In the listing below, locate the lines that hold the string "unlocked". Copy those lines.
-------------------------
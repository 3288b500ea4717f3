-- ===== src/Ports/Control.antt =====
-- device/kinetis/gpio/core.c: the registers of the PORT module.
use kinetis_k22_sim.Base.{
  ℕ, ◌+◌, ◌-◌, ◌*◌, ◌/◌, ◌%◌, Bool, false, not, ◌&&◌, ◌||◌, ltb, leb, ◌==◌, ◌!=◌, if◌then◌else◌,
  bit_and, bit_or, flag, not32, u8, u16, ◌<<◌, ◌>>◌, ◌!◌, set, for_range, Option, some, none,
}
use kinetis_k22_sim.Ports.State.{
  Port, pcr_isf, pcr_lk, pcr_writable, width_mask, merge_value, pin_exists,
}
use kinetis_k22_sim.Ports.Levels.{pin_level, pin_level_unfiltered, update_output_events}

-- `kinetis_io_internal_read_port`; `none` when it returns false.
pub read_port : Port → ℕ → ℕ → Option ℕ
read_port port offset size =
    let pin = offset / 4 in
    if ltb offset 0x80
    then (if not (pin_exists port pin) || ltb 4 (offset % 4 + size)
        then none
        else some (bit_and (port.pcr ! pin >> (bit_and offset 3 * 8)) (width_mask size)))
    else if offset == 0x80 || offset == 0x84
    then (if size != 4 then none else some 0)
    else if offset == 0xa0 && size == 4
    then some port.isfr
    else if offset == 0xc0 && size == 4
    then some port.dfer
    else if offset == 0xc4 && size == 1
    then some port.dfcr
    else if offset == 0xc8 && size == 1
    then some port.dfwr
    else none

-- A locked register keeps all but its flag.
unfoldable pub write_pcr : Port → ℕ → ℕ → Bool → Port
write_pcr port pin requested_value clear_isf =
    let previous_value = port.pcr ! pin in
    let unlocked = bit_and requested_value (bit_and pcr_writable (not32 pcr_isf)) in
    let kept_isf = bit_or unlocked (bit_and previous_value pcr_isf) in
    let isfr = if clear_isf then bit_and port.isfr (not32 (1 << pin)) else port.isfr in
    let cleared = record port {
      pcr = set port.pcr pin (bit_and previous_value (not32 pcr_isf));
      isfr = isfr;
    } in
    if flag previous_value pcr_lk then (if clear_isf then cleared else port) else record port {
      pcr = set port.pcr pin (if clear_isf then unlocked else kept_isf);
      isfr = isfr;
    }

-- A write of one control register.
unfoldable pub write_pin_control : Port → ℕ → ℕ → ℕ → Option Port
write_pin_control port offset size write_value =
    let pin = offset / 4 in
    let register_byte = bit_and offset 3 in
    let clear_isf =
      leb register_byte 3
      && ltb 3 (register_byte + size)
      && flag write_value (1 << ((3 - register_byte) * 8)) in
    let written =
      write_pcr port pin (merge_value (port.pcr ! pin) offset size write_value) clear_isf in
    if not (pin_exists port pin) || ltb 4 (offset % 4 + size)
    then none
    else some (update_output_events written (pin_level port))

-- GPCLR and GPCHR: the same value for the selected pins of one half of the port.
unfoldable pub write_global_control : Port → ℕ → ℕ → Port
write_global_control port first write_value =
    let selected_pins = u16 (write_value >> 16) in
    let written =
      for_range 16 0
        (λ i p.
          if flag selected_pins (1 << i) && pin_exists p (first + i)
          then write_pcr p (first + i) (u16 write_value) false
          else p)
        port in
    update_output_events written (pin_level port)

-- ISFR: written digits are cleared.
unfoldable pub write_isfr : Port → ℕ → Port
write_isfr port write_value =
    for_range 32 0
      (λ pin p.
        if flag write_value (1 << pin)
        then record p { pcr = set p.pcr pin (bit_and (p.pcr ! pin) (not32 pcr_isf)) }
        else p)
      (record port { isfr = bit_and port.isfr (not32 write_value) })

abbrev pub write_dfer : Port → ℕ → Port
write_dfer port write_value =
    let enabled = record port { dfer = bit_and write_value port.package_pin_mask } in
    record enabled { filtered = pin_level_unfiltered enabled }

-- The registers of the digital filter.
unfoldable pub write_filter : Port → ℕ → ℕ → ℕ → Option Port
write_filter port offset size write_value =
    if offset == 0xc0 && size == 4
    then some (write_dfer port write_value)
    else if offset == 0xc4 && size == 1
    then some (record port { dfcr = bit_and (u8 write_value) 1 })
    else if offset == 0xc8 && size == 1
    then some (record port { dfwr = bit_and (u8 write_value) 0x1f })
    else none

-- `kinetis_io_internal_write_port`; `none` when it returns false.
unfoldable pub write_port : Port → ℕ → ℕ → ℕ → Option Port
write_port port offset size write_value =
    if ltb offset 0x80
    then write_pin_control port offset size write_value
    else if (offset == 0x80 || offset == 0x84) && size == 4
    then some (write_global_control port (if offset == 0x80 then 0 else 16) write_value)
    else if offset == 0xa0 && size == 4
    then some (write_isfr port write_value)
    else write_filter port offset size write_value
-------------------------
TASK RESULT:
    let unlocked = bit_and requested_value (bit_and pcr_writable (not32 pcr_isf)) in
    let kept_isf = bit_or unlocked (bit_and previous_value pcr_isf) in
      pcr = set port.pcr pin (if clear_isf then unlocked else kept_isf);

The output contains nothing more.